Saturday, August 10, 2013

Think about what had to happen here. This isn't a case of clicking “Reply All” rather than “Reply.” This took some serious screwing up to accomplish.
James Moore reports:
The Serious Fraud Office is engulfed by a new scandal after it admitted that thousands of pages of evidence as well as tapes and data files from 58 separate sources were sent back to the wrong owner.
The enormous volume of evidence related to its long-running corruption investigation into defence giant BAE Systems which finally ended in 2010 with the company agreeing to pay almost £300m in the US and UK.
Read more on The Independent.
[From the article:
The data constituted fully 3 per cent of the total evidence accumulated as part of the case, and included 32,000 document pages and 81 audio tapes in addition to electronic media.
Frantic efforts were underway to contact the sources of that evidence and other people who might be affected by the leak, which occurred between May and October last year. [Suggesting more than one incident? Suggesting it took them several months to notice? Bob]
The Independent understands that the information was leaked to an unnamed individual, rather than an organisation.

On a broader scale...
The Information Commissioner’s Office has provided an interesting breakdown of breach reports for the first quarter of their fiscal year. The data are provided by incident type and sector, here.
Not surprisingly, the largest incident type was “disclosed in error.” The healthcare sector and local government reported the most breaches, but then, not every entity has to report breaches, so their numbers may be a bit misleading in terms of relative losses.

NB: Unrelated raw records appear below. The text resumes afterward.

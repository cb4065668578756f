-- ===== src/Lib.antt =====
-- The Matter to LwM2M bridge: an ESP32 program that shows LwM2M devices to a Matter network and bound
-- Matter devices to LwM2M clients. A Matter controller that reads or writes an attribute of a bridged
-- endpoint, or invokes a command, reaches the callbacks of main/main.cpp, which translate the ids and
-- send a CoAP request with the client of main/CoapClient.cpp. A CoAP request reaches the handlers of
-- main/CoapServer.cpp, which translate back and schedule data for the binding handler of
-- main/BindingHandler.cpp. The id maps of main/include/BridgeUtils.h serve both ways; they are filled
-- from SDF mapping files.
--
--   Text, Text/Defs          SplitString of main/CoapServer.cpp, with the operations of std::string,
--                            std::to_string and std::stoi that the program uses, on lists of codes
--   Slashes                  ExtractBetweenSlashes of main/include/BridgeUtils.h, in 32 bits of size_t
--   Hex                      decToHexa and Ip6ToStr of main/BridgeUtils.cpp
--   BiMap                    class BiMap of main/include/BridgeUtils.h; its two maps are association
--                            lists
--   BiMap/Pairs              the list of pairs that a BiMap stands for
--   Json                     values of nlohmann::json and of pugixml as the parsers hand them over
--   Mapping                  MatterIpsoMapping, and GenerateMatterIpsoMapping of main/main.cpp
--   Client/Library           what is used of libcoap: each call is answered by a function of all calls
--                            before it, and recorded
--   Client/State             the globals of the client, and steps that can jump to the label finish
--   Client/Exchange          the body that the nine functions of main/CoapClient.cpp share
--   Client/Answer            the writes into the buffer of the caller
--   Client/Requests          the nine functions, LoadClusterXmlFile to CoapClientPut
--   Binding                  BindingCommandData and the handlers of main/BindingHandler.cpp
--   Server/Forward           ForwardAttributeWriteMessage, ForwardCommandMessage and the PUT handlers
--   Server/Read              ForwardAttributeReadMessage, hnd_attribute_get and the global result_ptr
--   Server/Register          the Register functions and GenerateCoapResource; the resources of libcoap
--                            are an interface of operations and laws
--   Server/Startup           init_server, start_server and cleanup_server
--   Server/Definition        ParseObjectDefinition of main/include/LwM2MObject.hpp; the accessors of pugixml
--                            are an interface
--   Server/Bringup           InitCoapServer of main/main.cpp, from the wait for addresses to start_server
--   Bridge                   the external attribute callbacks and the instant action callback
--   Bridge/Endpoints         AddDeviceEndpoint and RemoveDeviceEndpoint
--   Devices                  class Device, and HandleDeviceStatusChanged of main/main.cpp
--   Task, Task/Queues        main/AppTask.cpp, main/Button.cpp and main/include/AppEvent.h; the queues of
--                            FreeRTOS are an interface
--   Task/Counter             the bounded counter that the task promises
--   Binding/Setup            the set-up of the binding manager, the worker of binding entries, and the
--                            works that are given to ScheduleWork
--   Program/Flow             how a part of the start ends: done, endless, or by an exception
--   Program/Converter        ConvertSdfToMatter and ConvertMatterToSdf of main/include/BridgeUtils.h
--   Program/Declarations     the endpoints that main/main.cpp declares
--   Program/Custom           LoadClusterDefinition and CreateCustomDevice
--   Program/Deploy           ConvertAndDeployMatter and InitServer
--   Program/Works            the queue of works of the Matter thread, and the reporting callbacks
--   Program/Boot             app_main
--   Actions                  ActionsAttrAccess of main/DeviceCallbacks.cpp
--   Examples                 runs on small inputs
--
-- The other modules hold proofs, and Base what all share: numbers are native, an int is the type ℤ of
-- Base/Int, a result of code that can throw is the Result of Base/Faults, where undefined behaviour is
-- a fault of its own.
--
-- Fuel. The waiting loop of the client takes fuel: its time to wait is at most 65536000 ms, as the
-- leisure time of a session has 16 bits, and each round takes time off, so one round more is enough.
-- The search for an endpoint id takes fuel: there are 2 ^ 16 ids. SplitString makes at most one round
-- for each character and one more; decToHexa makes no more rounds than its number says.
--
-- The inner loop of the task takes fuel for the ten events of its queue; its outer loop is endless, so
-- its turns are counted. The loop of InitCoapServer takes fuel for its rounds: it waits as long as the
-- network has no third address, and one round more than it waits is enough. CreateCustomDevice and
-- InitServer hand the fuel of the client and of the search for an endpoint id on.
--
-- How the parts run together: app_main schedules InitServer for the Matter thread and starts the task
-- of the button. The Matter thread does its works one by one, in the order in which they were
-- scheduled, which is what the SDK documents. InitServer schedules the set-up of the binding handler,
-- deploys the endpoints, loads the two mappings, and creates the task of the server last. Other tasks
-- schedule works at any time, and presses of the button interrupt the task at any time; both are steps
-- of a relation on states.
--
-- Not modelled: messages that are only logged and the delays of the loaders; libcoap, the Matter SDK,
-- FreeRTOS, nlohmann::json, pugixml and the converter, which are parameters where the code relies on
-- them; the lifetime of the local arrays that CreateCustomDevice hands to the SDK, which the model
-- keeps as values; the globals of the client when the task of the server and the Matter thread use it
-- at the same time.
pub mod Actions
pub mod Base
pub mod BiMap
pub mod Binding
pub mod Bridge
pub mod Client
pub mod Devices
pub mod Examples
pub mod Hex
pub mod Json
pub mod Mapping
pub mod Program
pub mod Server
pub mod Slashes
pub mod Task
pub mod Text
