-- ===== src/Base/Int.antt =====
-- The `int` of the source: signed integers over the native numbers, and the range of 32 bits.
use Prim.Native.Nat.{ℕ, ◌-◌, ◌%◌, ◌^◌, ◌<◌}
use mathlib.Core.Bool.{Bool}
use native.Mathlib.Decide.{ℕ_discrete}
use matter_lwm2m_bridge.Base.Tests.{ltb}

-- `negsuc n` is -(n + 1).
pub data ℤ : Type 0 where
  pos : ℕ → ℤ
  negsuc : ℕ → ℤ

unfoldable pub ℤ_discrete : Discrete ℤ
unfolding ℕ_discrete
ℤ_discrete = hlevel ℕ_discrete

-- The value that the functions of the source return for "not found".
abbrev pub minus_one : ℤ
minus_one = negsuc 0

-- An `int` of 32 bits holds the values from -2^31 to 2^31 - 1.
abbrev pub IsInt32 : ℤ → Type 0
IsInt32 (pos n) = n < 2 ^ 31
IsInt32 (negsuc n) = n < 2 ^ 31

abbrev pub fits_int32 : ℤ → Bool
fits_int32 (pos n) = ltb n (2 ^ 31)
fits_int32 (negsuc n) = ltb n (2 ^ 31)

-- A value stored in `w` unsigned bits, for the conversions from `int` to an id.
abbrev pub to_unsigned : ℕ → ℤ → ℕ
to_unsigned w (pos n) = n % 2 ^ w
to_unsigned w (negsuc n) = (2 ^ w - 1) - n % 2 ^ w
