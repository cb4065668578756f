-- ===== src/Base/Faults.antt =====
-- Results of code that can throw, or whose behaviour the language leaves undefined.

-- The exceptions of the standard and JSON libraries that the source lets pass, and undefined
-- behaviour: a read of what was never written, or a `bool` made from a byte other than 0 and 1.
pub data Fault : Type 0 where
  invalid_argument out_of_range type_error parse_error invalid_iterator undefined : Fault

pub data Result {ℓ} (Value : Type ℓ) : Type ℓ where
  err : Fault → Result Value
  ok : Value → Result Value

module _ {ℓ κ} {A : Type ℓ} {B : Type κ} where
  infixl 5 ◌>>=◌
  -- A fault passes by the code behind it.
  abbrev pub ◌>>=◌ : Result A → (A → Result B) → Result B
  err fault >>= next = err fault
  ok value >>= next = next value

-- What holds of a result if there is one.
abbrev pub IfOk {ℓ κ} : {A : Type ℓ} → (A → Type κ) → Result A → Type κ
IfOk P (ok a) = P a
IfOk P (err e) = Unit

pub IfOk-bind {ℓ κ λ₁ λ₂} :
    {A : Type ℓ} {B : Type κ} (P : A → Type λ₁) (Q : B → Type λ₂) (m : Result A) (f : A → Result B)
    → IfOk P m
    → ((a : A) → P a → IfOk Q (f a))
    → IfOk Q (m >>= f)
IfOk-bind P Q (ok a) f h k = k a h
IfOk-bind P Q (err e) f h k = tt

-- Where nothing is known of the first step's result.
pub IfOk-bind_second {ℓ κ λ₂} :
    {A : Type ℓ} {B : Type κ} (Q : B → Type λ₂) (m : Result A) (f : A → Result B)
    → ((a : A) → IfOk Q (f a))
    → IfOk Q (m >>= f)
IfOk-bind_second Q (ok a) f k = k a
IfOk-bind_second Q (err e) f k = tt
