-- ===== src/Base.antt =====
-- The names that the modules share: the libraries', passed on, and those of the children.
mod Tests
mod Lists
mod Int
mod Faults
mod Dict
pub use Tests.*
pub use Lists.*
pub use Int.{ℤ, pos, negsuc, minus_one, IsInt32, fits_int32, to_unsigned}
unfoldable pub use Int.{ℤ_discrete}
pub use Faults.{Fault, Result, ok, err, ◌>>=◌, IfOk, IfOk-bind, IfOk-bind_second}
pub use Dict.{find-put}
unfoldable pub use Dict.{find, put}
pub use Prim.Native.Nat.{ℕ, zero, suc, ◌+◌, ◌-◌, ◌*◌, ◌/◌, ◌%◌, ◌^◌, ◌≤◌, ◌<◌}
pub use mathlib.Core.Path.{◌≡◌, refl, sym, ap, ◌∙◌}
pub use mathlib.Core.Logic.{◌≢◌, ◌↔◌, ◌⊎◌, inl, inr}
pub use mathlib.Core.Bool.{Bool, true, false, not, ◌&&◌, ◌||◌}
pub use mathlib.Core.Option.{Option, none, some}
pub use mathlib.Core.List.Memᴰ.{head, tail, cases_cons}
pub use mathlib.Core.List.{Memᴰ, List, [], ◌∷◌, ◌++◌, map, reverse, append_assoc, append-nil}
pub use native.Mathlib.Omega.{arith}
unfoldable pub use native.Mathlib.Decide.{dec_lt, ℕ_discrete}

Did they tell the court they wanted to do the same thing Google was doing to gMail? Computer scanning it for keywords? Google is looking to place appropriate ads, NSA is looking to place appropriate Mavrick missiles.
emptywheel writes:
Finally! The backdoor!
The Guardian today confirms what Ron Wyden and, before him, Russ Feingold have warned about for years. In a glossary updated in June 2012, the NSA claims that minimization rules “approved” on October 3, 2011 “now allow for use of certain United States person names and identifiers as query terms.”
But the Guardian is missing one critical part of this story.
The FISC Court didn’t just “approve” minimization procedures on October 3, 2011. In fact, that was the day that it declared that part of the program — precisely pertaining to minimization procedures — violated the Fourth Amendment.
So where the glossary says minimization procedures approved on that date “now allow” for querying US person data, it almost certainly means that on October 3, 2011, the FISC court ruled the querying the government had already been doing violated the Fourth Amendment, and sent it away to generate “an effective oversight process,” even while approving the idea in general.
Read more of this fascinating post here.

TRAC – New Information on FISA Judges
by Sabrina I. Pacifici on August 9, 2013
“Central to the growing dispute about the legality and value of the very extensive electronic surveillance by the National Security Agency (NSA) is the secret federal court that approves the search warrants authorizing the NSA’s world-wide efforts. While the operations of both the NSA and the decisions of what is now incorrectly called the Federal Foreign Intelligence Surveillance Act (FISA) court are highly classified, information about the backgrounds of the judges — including their sentencing patterns over the past five years — has just been released by the Transactional Records Access Clearinghouse (TRAC) at Syracuse University. Read the report. The sentencing information about named judges — which compares each judge’s record with those of his/her colleagues in their home districts — was developed earlier this year using information TRAC obtained and analyzed. With the information in TRAC’s report, you can obtain the median and average sentences the judges imposed for all the matters they handled. You can also drill down into details on specific program areas, such as those cases classified by the Justice Department as involving drugs or white collar crime violations.”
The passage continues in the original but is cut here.